-- SUPPLIED DATA --
────────────────

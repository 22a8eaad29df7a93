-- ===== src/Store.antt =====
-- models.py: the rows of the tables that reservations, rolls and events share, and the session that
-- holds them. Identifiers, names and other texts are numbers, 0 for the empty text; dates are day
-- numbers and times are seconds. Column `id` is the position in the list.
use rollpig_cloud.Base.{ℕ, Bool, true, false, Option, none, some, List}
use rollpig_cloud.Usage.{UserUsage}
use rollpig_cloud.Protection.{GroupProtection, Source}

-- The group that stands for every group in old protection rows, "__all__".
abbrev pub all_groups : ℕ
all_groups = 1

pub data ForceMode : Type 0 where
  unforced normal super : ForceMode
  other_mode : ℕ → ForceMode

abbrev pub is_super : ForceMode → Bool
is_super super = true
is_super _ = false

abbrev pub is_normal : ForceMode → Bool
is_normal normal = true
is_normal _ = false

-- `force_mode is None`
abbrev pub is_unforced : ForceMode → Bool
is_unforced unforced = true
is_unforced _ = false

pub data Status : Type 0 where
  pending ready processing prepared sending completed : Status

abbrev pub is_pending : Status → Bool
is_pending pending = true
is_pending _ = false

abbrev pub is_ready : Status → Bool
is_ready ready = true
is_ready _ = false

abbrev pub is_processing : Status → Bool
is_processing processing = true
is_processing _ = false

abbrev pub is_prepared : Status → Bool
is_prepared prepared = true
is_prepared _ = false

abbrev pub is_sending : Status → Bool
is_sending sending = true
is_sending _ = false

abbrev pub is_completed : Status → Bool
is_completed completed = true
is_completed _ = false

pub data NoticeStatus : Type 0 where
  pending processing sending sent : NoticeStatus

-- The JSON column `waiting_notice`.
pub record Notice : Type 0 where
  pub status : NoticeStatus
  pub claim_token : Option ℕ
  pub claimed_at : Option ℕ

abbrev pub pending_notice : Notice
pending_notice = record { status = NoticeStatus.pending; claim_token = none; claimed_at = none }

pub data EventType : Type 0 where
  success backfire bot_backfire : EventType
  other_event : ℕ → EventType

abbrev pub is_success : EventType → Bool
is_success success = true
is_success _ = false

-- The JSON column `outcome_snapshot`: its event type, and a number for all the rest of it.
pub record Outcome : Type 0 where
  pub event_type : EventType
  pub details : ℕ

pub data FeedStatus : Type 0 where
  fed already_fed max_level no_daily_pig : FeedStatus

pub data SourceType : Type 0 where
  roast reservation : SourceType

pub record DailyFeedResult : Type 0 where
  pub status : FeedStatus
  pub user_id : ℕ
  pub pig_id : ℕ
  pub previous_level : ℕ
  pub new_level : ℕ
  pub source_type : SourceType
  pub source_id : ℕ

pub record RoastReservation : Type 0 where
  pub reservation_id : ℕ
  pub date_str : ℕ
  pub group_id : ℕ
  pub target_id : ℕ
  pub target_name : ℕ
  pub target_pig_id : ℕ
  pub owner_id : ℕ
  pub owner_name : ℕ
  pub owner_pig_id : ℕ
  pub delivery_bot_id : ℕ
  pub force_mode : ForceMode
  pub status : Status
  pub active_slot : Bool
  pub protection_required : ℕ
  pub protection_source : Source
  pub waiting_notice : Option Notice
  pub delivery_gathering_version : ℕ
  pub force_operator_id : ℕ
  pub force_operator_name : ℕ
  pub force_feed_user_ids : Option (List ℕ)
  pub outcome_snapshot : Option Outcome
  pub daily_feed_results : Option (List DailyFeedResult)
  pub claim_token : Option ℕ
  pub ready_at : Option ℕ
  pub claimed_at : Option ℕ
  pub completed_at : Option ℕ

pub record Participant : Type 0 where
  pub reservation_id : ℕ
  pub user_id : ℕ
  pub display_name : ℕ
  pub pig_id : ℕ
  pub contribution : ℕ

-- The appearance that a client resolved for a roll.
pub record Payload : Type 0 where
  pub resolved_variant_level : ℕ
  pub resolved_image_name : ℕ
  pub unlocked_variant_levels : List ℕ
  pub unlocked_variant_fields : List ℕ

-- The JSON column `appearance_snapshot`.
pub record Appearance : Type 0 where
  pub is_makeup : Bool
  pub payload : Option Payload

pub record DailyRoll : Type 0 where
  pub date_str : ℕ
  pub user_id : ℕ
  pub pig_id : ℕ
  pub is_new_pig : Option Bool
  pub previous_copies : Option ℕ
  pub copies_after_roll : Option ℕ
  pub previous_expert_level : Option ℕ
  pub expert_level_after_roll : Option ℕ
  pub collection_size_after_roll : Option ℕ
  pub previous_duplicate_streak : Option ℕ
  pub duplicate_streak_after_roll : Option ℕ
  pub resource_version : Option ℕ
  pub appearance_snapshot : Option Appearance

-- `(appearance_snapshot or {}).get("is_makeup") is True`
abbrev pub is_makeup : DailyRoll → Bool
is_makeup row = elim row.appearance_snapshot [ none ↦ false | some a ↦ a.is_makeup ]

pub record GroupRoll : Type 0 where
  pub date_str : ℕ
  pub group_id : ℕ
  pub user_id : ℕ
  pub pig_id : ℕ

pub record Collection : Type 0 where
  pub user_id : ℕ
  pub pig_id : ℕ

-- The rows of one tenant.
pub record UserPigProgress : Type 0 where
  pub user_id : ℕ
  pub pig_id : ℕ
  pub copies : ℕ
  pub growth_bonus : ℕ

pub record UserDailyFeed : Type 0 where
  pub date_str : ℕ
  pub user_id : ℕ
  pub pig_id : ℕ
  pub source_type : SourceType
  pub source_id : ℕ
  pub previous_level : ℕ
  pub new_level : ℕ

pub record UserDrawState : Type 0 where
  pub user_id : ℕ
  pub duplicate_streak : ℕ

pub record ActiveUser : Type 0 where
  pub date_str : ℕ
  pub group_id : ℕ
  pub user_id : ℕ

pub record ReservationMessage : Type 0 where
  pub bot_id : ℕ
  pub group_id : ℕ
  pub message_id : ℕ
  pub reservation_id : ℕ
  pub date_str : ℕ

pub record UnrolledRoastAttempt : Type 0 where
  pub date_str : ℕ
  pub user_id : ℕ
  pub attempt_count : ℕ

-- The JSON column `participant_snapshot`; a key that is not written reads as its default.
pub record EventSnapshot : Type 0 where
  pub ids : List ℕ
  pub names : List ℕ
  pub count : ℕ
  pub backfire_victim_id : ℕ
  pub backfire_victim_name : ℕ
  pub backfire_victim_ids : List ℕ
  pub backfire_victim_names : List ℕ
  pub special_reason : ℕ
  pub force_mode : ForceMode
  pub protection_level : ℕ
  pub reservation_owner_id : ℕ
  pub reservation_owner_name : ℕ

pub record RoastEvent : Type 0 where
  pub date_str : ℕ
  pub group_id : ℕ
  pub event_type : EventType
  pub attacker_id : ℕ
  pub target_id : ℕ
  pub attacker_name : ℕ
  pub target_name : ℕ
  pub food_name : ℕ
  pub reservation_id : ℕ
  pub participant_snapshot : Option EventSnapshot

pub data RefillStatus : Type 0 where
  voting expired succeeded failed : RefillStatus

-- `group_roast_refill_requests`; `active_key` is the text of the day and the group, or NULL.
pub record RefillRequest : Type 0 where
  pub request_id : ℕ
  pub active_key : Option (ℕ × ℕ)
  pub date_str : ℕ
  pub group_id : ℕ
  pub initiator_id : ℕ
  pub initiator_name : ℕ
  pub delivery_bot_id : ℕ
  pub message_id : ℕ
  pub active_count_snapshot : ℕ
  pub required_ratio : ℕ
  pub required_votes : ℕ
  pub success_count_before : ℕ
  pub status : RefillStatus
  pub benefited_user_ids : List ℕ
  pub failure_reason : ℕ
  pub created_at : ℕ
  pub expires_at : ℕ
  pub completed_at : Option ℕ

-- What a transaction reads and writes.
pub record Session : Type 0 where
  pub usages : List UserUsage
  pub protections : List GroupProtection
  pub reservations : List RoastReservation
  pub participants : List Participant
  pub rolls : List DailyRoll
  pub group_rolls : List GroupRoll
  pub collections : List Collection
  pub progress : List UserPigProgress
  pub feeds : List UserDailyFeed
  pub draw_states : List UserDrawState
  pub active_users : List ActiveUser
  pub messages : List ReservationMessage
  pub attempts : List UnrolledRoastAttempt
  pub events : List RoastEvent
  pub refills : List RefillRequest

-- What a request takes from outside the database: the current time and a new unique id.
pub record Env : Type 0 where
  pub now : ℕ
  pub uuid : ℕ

────────────────

-- TASK INSTRUCTIONS --
Go through the entries above and report every line in which the word "reservations" appears.

-- OUTPUT OF THE TASK --
-- models.py: the rows of the tables that reservations, rolls and events share, and the session that
  pub reservations : List RoastReservation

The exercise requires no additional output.